| The task |
Match the word "takes". Return each line of the data below where it appears.
*** Dataset records ***
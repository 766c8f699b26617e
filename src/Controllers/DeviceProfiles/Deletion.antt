-- ===== src/Controllers/DeviceProfiles/Deletion.antt =====
-- The order of a deletion: the finalizers of a device profile are cleared before the edge platform is
-- asked to delete it; and what is left alone.
use yurt_device_controller.Prelude.{String, ◌≡◌, refl, arith, true, false, [], eq_iff, is_empty}
use yurt_device_controller.Prelude.Io.{Error, ok, fail, Result, value, error, is_not_found}
use yurt_device_controller.Api.{DeviceProfile, is_zero}
use yurt_device_controller.Clients.Errors.{is_not_found_err}
use yurt_device_controller.EdgeX.Names.{edgex_object_name, get_edge_device_profile_name}
use yurt_device_controller.Controllers.Kube.{done, accepted}
use yurt_device_controller.Controllers.Session.{
  Session, any, is_clearing, is_edge_deletion, patch, write_status,
}
use yurt_device_controller.Controllers.DeviceProfiles.Reconcile.{
  DeviceProfileReconciler, remove_profile, reconcile_delete_device_profile, add_profile,
  adopt_profile, reconcile_create_device_profile, synchronize_profile, after_profile_delete,
  reconcile_loaded,
}

module _ {W : Type 0} (r : DeviceProfileReconciler W) where
  deleting_profile :
      (s : Session W DeviceProfile) (name : String)
      → any is_edge_deletion s.trace ≡ false
      → any is_edge_deletion (reconcile_delete_device_profile r name s).1.trace ≡ true
      → (is_zero s.object.metadata.deletion_timestamp ≡ false)
        × (accepted (r.client.patch_finalizers s.object [] s.world).0 ≡ true)
  unfolding reconcile_delete_device_profile patch remove_profile
  deleting_profile s name quiet h = ground arith

  after_profile_delete_deletes_nothing :
      (name : String) (q : Result (Unit {0})) (s : Session W DeviceProfile)
      → any is_edge_deletion (after_profile_delete r name q s).1.trace
        ≡ any is_edge_deletion s.trace
  unfolding after_profile_delete synchronize_profile reconcile_create_device_profile add_profile
      adopt_profile write_status
  after_profile_delete_deletes_nothing name (error e) s = ground arith
  after_profile_delete_deletes_nothing name (value _) s = ground arith

  -- Whatever the calls answer, the edge platform is asked to delete a device profile only if the
  -- resource is being deleted, and only after the cluster has taken the write that clears its
  -- finalizers.
  pub profile_deletion_needs_clearing :
      (w : W) (d : DeviceProfile)
      → any is_edge_deletion (reconcile_loaded r w d).1.trace ≡ true
      → (is_zero d.metadata.deletion_timestamp ≡ false)
        × (accepted (r.client.patch_finalizers d [] w).0 ≡ true)
  unfolding reconcile_loaded
  profile_deletion_needs_clearing w d h =
      let s : Session W DeviceProfile = record { world = w; object = d; trace = [] } in
      grind (
        arith,
        deleting_profile s (get_edge_device_profile_name d edgex_object_name) refl,
        after_profile_delete_deletes_nothing,
      )

  -- Where the edge platform fails to delete the profile, with an error that neither the client nor
  -- the cluster calls "not found", the call ends with that error, and the finalizers are already
  -- cleared: nothing keeps the resource for another attempt.
  pub failed_profile_deletion_is_cleared :
      (w w' w'' : W) (d d' : DeviceProfile) (e : Error)
      → d.spec.node_pool ≡ r.node_pool
      → is_zero d.metadata.deletion_timestamp ≡ false
      → r.client.patch_finalizers d [] w ≡ (value d', w')
      → r.edge_client.delete (get_edge_device_profile_name d edgex_object_name) w' ≡ (fail e, w'')
      → is_not_found_err e ≡ false
      → is_not_found e ≡ false
      → ((reconcile_loaded r w d).0 ≡ fail e)
        × (any is_clearing (reconcile_loaded r w d).1.trace ≡ true)
  unfolding reconcile_loaded reconcile_delete_device_profile patch remove_profile
      after_profile_delete
  failed_profile_deletion_is_cleared w w' w'' d d' e own dying cleared refused there known =
      ground (arith, eq_iff d.spec.node_pool r.node_pool)

  -- A device profile that is alive, has a finalizer and is synced is left alone: the call makes no
  -- request at all, whatever its specification says.
  pub synced_profile_is_left_alone :
      (w : W) (d : DeviceProfile)
      → is_zero d.metadata.deletion_timestamp ≡ true
      → is_empty d.metadata.finalizers ≡ false
      → d.status.synced ≡ true
      → reconcile_loaded r w d ≡ (ok done, record { world = w; object = d; trace = [] })
  unfolding reconcile_loaded reconcile_delete_device_profile after_profile_delete
      synchronize_profile
  synced_profile_is_left_alone w d alive guarded synced = ground arith
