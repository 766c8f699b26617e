-- ===== src/Controllers/DeviceProfiles/OnEdgex.antt =====
-- The client of EdgeX (pkg/clients/edgex-foundry/deviceprofile_client.go) over a core-metadata
-- service that keeps device profiles is an edge platform that answers.
use yurt_device_controller.Prelude.{◌≡◌, arith, Bool, true, false, String, ◌<>◌, some, [], ◌∷◌}
use yurt_device_controller.Prelude.Io.{value, ok, new_error}
use yurt_device_controller.Api.{DeviceProfile}
use yurt_device_controller.Clients.Errors.{not_found_suffix}
use yurt_device_controller.EdgeX.Dto.{EdgeXDeviceProfile}
use yurt_device_controller.EdgeX.Names.{get_edgex_name, get_edge_device_profile_name}
use yurt_device_controller.EdgeX.Profiles.{
  make_edgex_device_profiles_request, to_kube_device_profile,
}
use yurt_device_controller.EdgeX.Http.{get_method, post_method}
use yurt_device_controller.EdgeX.ProfileClient.{
  EdgexDeviceProfile, profile_url, profile_interface, create_profile, get_profile,
}
use yurt_device_controller.Controllers.Session.Synced.{
  Stored, EdgeAnswers, ClusterAnswers, IsNew, IsSynced,
}
use yurt_device_controller.Controllers.Session.{Session}
use yurt_device_controller.Controllers.Kube.{done}
use yurt_device_controller.Controllers.DeviceProfiles.Reconcile.{
  DeviceProfileReconciler, reconcile_loaded,
}
use yurt_device_controller.Controllers.DeviceProfiles.Convergence.{kind, new_profile_gets_in_sync}

-- The service answers a search for the device profile of the name with the device profile, or
-- with status 404, and, while it has none, the creation of a device profile of that name that it
-- accepts with one entry of status 201. `accepted` tells which it accepts, by their
-- specifications. None of this changes the cluster.
pub record HoldsProfiles {W : Type 0} (cdc : EdgexDeviceProfile W) (name : String)
    (on_edge : W → Bool) (stored : W → Stored) (accepted : DeviceProfile → Bool) : Type 0 where
  pub found :
      (w : W)
      → on_edge w ≡ true
      → (body : String) × (w' : W) × (e : EdgeXDeviceProfile) × (cdc.http.send get_method
            (profile_url cdc ("/name/" <> name))
            ""
            w
          ≡ (value (record { status_code = 200; body = body }), w'))
        × (cdc.codec.decode_profile body ≡ value e)
        × (on_edge w' ≡ true)
        × (stored w' ≡ stored w)
  pub missing :
      (w : W)
      → on_edge w ≡ false
      → (body : String) × (w' : W) × (cdc.http.send get_method
            (profile_url cdc ("/name/" <> name))
            ""
            w
          ≡ (value (record { status_code = 404; body = body }), w'))
        × (on_edge w' ≡ false)
        × (stored w' ≡ stored w)
  pub accepts :
      (d : DeviceProfile) (w : W)
      → get_edgex_name d.metadata ≡ name
      → accepted d ≡ true
      → on_edge w ≡ false
      → (body reply id : String) × (w' : W) × (cdc.codec.encode_profiles
            (make_edgex_device_profiles_request (d ∷ []))
          ≡ value body)
        × (cdc.http.send post_method (profile_url cdc "") body w
            ≡ (value (record { status_code = 207; body = reply }), w'))
        × (cdc.codec.decode_ids reply ≡ value (some (record { status_code = 201; id = id }) ∷ []))
        × (on_edge w' ≡ true)
        × (stored w' ≡ stored w)

module _ {W : Type 0} (r : DeviceProfileReconciler W) (cdc : EdgexDeviceProfile W) (name : String)
    (on_edge : W → Bool) (stored : W → Stored) (accepted : DeviceProfile → Bool) where
  -- Over a core-metadata service that answers a search for the device profile of a name with the
  -- device profile or with status 404, and, while it has none, the creation of a device profile of that name with one
  -- entry of status 201: the client of EdgeX finds the device profile where the service has it, tells
  -- that it is not found where the service has it not, and creates it.
  pub edgex_profile_client-EdgeAnswers :
      HoldsProfiles cdc name on_edge stored accepted
      → EdgeAnswers
          (kind (record r { edge_client = profile_interface cdc }) accepted)
          name
          on_edge
          stored
  unfolding get_profile create_profile get_edgex_name get_edge_device_profile_name
  edgex_profile_client-EdgeAnswers holds = record {
    finds = λ w there.
        let (body, w', e, sent, decoded, present, kept) = holds.found w there in
        (to_kube_device_profile cdc.go e, w', ground (arith, sent, decoded), present, kept);
    misses = λ w away.
        let (body, w', sent, away', kept) = holds.missing w away in
        (
          new_error (("DeviceProfile " <> name) <> " not found"),
          w',
          ground (arith, sent),
          not_found_suffix ("DeviceProfile " <> name),
          away',
          kept,
        );
    creates = λ d w named takes away.
        let (body, reply, id, w', encoded, sent, decoded, present, kept) =
          holds.accepts d w named takes away in
        (
          record d { status = record (d.status) { edge_id = id; synced = true } },
          w',
          ground (arith, encoded, sent, decoded),
          present,
          kept,
        );
  }

  -- Where the cluster takes the writes from an object with its present metadata, and the core-
  -- metadata service answers a search for the device profile of the name with it or with status
  -- 404, and, while it has none, the creation of one of that name that it accepts with one entry
  -- of status 201: one call of the reconciler over the client of EdgeX, for the device profile
  -- of that name, alive, not synced, accepted and as the cluster has it, returns, and afterwards
  -- the service has the device profile, and the object and the resource in the cluster are
  -- synced, whether the service had it before or not.
  pub profile_gets_in_sync_on_edgex :
      (w : W) (d : DeviceProfile)
      → ClusterAnswers
          (kind (record r { edge_client = profile_interface cdc }) accepted)
          on_edge
          stored
      → HoldsProfiles cdc name on_edge stored accepted
      → d.spec.node_pool ≡ r.node_pool
      → IsNew
          (kind (record r { edge_client = profile_interface cdc }) accepted)
          name
          on_edge
          stored
          w
          d
      → (s : Session W DeviceProfile) × (reconcile_loaded
            (record r { edge_client = profile_interface cdc })
            w
            d
          ≡ (ok done, s))
        × IsSynced
            (kind (record r { edge_client = profile_interface cdc }) accepted)
            name
            on_edge
            stored
            s
  profile_gets_in_sync_on_edgex w d cluster holds own new =
      new_profile_gets_in_sync (record r { edge_client = profile_interface cdc }) name on_edge
        stored accepted
        (record { cluster = cluster; edge = edgex_profile_client-EdgeAnswers holds }) w d own new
*** End of Dataset records ***
| Final answer |
    creates = λ d w named takes away.
          holds.accepts d w named takes away in
  -- Where the cluster takes the writes from an object with its present metadata, and the core-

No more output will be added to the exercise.